START PROVIDED MATERIAL
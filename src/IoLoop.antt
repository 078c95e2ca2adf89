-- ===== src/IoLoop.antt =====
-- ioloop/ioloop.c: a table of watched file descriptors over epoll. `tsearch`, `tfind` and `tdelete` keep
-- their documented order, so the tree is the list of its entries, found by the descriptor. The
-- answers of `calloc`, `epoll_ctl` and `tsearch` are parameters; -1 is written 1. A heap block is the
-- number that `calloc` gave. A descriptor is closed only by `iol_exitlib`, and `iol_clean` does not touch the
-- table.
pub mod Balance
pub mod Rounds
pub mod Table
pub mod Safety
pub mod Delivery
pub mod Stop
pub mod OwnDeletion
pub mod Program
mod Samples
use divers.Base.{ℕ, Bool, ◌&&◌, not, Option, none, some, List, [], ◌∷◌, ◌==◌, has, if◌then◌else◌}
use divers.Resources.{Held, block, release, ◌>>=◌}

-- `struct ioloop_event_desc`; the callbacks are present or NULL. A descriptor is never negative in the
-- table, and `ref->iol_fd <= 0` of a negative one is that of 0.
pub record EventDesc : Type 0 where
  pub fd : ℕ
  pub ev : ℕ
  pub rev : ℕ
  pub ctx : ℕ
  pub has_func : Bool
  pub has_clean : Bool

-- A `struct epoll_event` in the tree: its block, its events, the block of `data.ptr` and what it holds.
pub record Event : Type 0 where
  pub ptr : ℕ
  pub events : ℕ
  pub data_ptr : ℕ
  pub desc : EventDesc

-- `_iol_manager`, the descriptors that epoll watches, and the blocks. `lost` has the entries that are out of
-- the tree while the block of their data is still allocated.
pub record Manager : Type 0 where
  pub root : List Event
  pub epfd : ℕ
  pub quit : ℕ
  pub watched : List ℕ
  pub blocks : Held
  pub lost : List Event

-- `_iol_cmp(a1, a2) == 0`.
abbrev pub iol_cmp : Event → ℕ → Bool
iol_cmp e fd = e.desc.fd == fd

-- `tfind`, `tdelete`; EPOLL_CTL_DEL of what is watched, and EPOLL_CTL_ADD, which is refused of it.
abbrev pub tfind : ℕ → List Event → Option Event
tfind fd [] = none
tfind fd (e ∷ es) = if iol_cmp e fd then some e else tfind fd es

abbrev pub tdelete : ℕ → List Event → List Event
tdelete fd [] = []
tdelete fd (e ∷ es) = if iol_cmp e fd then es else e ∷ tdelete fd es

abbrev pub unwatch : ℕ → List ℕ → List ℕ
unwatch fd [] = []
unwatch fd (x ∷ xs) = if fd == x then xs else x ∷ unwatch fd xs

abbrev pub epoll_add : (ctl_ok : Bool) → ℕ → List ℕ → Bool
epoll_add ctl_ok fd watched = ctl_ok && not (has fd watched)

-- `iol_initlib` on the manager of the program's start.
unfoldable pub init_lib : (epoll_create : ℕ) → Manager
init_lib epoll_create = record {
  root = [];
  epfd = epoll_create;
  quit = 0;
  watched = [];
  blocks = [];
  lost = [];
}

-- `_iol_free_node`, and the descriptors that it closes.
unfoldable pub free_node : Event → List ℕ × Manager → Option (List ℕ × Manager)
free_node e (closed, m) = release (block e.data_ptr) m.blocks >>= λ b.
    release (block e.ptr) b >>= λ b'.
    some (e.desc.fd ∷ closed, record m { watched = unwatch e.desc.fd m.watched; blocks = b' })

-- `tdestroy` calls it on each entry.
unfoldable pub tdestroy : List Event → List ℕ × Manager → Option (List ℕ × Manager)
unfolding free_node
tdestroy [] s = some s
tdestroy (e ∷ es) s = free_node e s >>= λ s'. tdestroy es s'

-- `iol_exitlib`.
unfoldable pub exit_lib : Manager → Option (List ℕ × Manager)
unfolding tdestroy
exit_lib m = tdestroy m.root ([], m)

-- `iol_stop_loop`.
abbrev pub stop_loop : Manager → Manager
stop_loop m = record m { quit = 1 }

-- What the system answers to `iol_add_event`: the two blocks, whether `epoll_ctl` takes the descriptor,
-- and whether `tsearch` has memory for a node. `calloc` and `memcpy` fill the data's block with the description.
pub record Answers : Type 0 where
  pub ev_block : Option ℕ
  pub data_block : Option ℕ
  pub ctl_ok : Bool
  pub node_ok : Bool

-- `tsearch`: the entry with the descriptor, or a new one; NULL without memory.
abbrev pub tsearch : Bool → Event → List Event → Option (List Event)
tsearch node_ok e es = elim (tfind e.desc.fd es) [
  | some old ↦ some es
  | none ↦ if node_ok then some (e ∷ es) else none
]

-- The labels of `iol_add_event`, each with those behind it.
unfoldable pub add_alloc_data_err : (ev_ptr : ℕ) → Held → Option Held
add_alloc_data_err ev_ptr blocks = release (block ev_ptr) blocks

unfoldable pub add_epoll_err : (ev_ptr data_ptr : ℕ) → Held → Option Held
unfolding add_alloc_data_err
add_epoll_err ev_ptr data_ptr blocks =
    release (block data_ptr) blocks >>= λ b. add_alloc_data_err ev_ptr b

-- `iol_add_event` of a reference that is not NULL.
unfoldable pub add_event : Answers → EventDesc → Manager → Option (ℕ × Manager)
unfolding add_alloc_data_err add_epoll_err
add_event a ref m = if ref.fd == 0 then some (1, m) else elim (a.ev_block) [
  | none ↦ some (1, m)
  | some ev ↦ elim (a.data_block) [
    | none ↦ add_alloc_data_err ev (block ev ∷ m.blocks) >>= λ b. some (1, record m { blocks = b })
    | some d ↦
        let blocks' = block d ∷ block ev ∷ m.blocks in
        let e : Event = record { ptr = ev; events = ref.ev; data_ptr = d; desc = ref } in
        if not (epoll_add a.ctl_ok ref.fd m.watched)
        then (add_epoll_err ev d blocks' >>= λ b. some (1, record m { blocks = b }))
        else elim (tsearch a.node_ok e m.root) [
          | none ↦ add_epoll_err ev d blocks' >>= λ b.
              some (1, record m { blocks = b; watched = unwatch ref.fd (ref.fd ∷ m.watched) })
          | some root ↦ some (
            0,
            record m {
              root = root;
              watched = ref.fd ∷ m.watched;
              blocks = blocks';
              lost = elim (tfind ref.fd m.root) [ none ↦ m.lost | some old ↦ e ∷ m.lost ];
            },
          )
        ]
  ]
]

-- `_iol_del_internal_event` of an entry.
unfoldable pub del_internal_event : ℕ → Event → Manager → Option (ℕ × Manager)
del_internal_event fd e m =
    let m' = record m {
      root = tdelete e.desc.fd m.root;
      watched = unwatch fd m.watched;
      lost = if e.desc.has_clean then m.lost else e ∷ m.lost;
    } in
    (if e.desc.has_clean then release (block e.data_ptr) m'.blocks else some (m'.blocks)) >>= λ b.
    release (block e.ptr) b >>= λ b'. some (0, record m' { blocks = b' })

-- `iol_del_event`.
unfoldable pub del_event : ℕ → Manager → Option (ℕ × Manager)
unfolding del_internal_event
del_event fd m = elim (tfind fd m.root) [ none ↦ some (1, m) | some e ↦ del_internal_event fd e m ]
END PROVIDED MATERIAL
START PROVIDED MATERIAL
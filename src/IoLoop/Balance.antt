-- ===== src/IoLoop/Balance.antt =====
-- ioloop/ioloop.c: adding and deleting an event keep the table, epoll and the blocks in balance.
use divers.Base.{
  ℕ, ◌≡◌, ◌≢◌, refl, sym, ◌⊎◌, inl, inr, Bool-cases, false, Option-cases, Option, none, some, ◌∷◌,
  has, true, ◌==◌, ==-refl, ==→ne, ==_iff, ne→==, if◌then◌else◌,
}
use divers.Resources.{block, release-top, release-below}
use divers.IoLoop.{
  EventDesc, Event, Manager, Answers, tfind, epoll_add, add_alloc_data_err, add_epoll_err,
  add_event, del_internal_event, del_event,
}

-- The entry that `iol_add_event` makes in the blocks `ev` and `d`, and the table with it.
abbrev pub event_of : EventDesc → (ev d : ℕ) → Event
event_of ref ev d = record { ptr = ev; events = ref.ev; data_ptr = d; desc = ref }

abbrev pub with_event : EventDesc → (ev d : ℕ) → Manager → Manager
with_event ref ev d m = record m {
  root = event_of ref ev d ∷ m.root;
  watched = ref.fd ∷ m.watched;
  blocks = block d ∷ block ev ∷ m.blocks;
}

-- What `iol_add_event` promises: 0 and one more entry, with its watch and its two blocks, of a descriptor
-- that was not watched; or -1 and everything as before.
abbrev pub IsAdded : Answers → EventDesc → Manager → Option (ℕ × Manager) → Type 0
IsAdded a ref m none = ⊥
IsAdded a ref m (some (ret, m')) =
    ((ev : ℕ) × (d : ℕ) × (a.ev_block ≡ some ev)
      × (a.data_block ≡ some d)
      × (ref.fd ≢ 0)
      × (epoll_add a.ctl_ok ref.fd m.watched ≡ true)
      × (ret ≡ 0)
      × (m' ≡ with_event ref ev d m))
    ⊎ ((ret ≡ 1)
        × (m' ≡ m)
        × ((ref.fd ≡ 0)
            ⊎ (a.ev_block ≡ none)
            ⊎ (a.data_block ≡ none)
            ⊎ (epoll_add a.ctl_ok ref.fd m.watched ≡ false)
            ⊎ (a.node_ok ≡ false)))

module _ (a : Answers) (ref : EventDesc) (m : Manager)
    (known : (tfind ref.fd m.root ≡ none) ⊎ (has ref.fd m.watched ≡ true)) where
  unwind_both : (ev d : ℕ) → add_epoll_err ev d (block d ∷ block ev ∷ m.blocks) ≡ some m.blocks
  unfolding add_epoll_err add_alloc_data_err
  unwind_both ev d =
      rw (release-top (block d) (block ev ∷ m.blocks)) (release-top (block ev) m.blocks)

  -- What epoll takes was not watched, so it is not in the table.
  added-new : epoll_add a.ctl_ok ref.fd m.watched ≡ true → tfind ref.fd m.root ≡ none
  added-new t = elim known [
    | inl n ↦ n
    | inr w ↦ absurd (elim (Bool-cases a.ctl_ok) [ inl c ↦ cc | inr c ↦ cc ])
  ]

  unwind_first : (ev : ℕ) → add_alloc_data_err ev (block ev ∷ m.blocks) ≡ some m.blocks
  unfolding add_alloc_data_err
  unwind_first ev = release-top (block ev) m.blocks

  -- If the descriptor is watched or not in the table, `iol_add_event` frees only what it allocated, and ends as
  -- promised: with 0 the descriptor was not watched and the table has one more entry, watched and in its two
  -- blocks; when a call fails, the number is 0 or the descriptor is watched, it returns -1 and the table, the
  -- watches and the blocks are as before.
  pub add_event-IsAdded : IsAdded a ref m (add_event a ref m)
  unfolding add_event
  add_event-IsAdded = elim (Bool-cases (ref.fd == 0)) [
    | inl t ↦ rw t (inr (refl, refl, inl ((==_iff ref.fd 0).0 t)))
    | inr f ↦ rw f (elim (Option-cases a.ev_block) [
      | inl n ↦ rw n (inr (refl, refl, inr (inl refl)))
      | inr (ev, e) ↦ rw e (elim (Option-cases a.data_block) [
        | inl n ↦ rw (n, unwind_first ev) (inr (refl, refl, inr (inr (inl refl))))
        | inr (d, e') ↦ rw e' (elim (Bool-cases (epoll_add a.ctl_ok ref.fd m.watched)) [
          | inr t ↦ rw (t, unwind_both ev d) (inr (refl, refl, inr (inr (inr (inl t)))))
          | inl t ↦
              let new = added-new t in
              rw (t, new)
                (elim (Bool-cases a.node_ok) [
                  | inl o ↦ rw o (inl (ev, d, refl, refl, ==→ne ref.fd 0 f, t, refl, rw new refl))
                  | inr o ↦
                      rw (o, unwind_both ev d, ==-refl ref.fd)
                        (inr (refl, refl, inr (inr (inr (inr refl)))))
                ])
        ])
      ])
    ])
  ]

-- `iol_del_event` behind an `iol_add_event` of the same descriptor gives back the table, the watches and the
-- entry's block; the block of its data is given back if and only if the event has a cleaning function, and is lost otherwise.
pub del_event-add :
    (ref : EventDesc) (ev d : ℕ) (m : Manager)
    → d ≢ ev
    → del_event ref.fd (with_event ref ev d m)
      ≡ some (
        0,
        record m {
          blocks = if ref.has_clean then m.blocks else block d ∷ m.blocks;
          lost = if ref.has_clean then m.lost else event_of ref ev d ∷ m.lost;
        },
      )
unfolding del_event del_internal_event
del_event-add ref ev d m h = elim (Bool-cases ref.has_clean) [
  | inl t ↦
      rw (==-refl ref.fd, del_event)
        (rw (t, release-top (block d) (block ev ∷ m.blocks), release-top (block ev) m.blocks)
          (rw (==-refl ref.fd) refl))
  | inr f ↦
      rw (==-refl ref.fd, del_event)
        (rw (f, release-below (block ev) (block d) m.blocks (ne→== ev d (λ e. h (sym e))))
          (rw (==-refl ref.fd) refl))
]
END PROVIDED MATERIAL
> _TASK PROMPT_
Return only the lines between the one holding "refused of it." and the one holding "epoll_add ctl_ok fd", inclusive, exactly as they appear above.

> _TASK RESPONSE_
-- `tfind`, `tdelete`; EPOLL_CTL_DEL of what is watched, and EPOLL_CTL_ADD, which is refused of it.
abbrev pub tfind : ℕ → List Event → Option Event
tfind fd [] = none
tfind fd (e ∷ es) = if iol_cmp e fd then some e else tfind fd es

abbrev pub tdelete : ℕ → List Event → List Event
tdelete fd [] = []
tdelete fd (e ∷ es) = if iol_cmp e fd then es else e ∷ tdelete fd es

abbrev pub unwatch : ℕ → List ℕ → List ℕ
unwatch fd [] = []
unwatch fd (x ∷ xs) = if fd == x then xs else x ∷ unwatch fd xs

abbrev pub epoll_add : (ctl_ok : Bool) → ℕ → List ℕ → Bool
epoll_add ctl_ok fd watched = ctl_ok && not (has fd watched)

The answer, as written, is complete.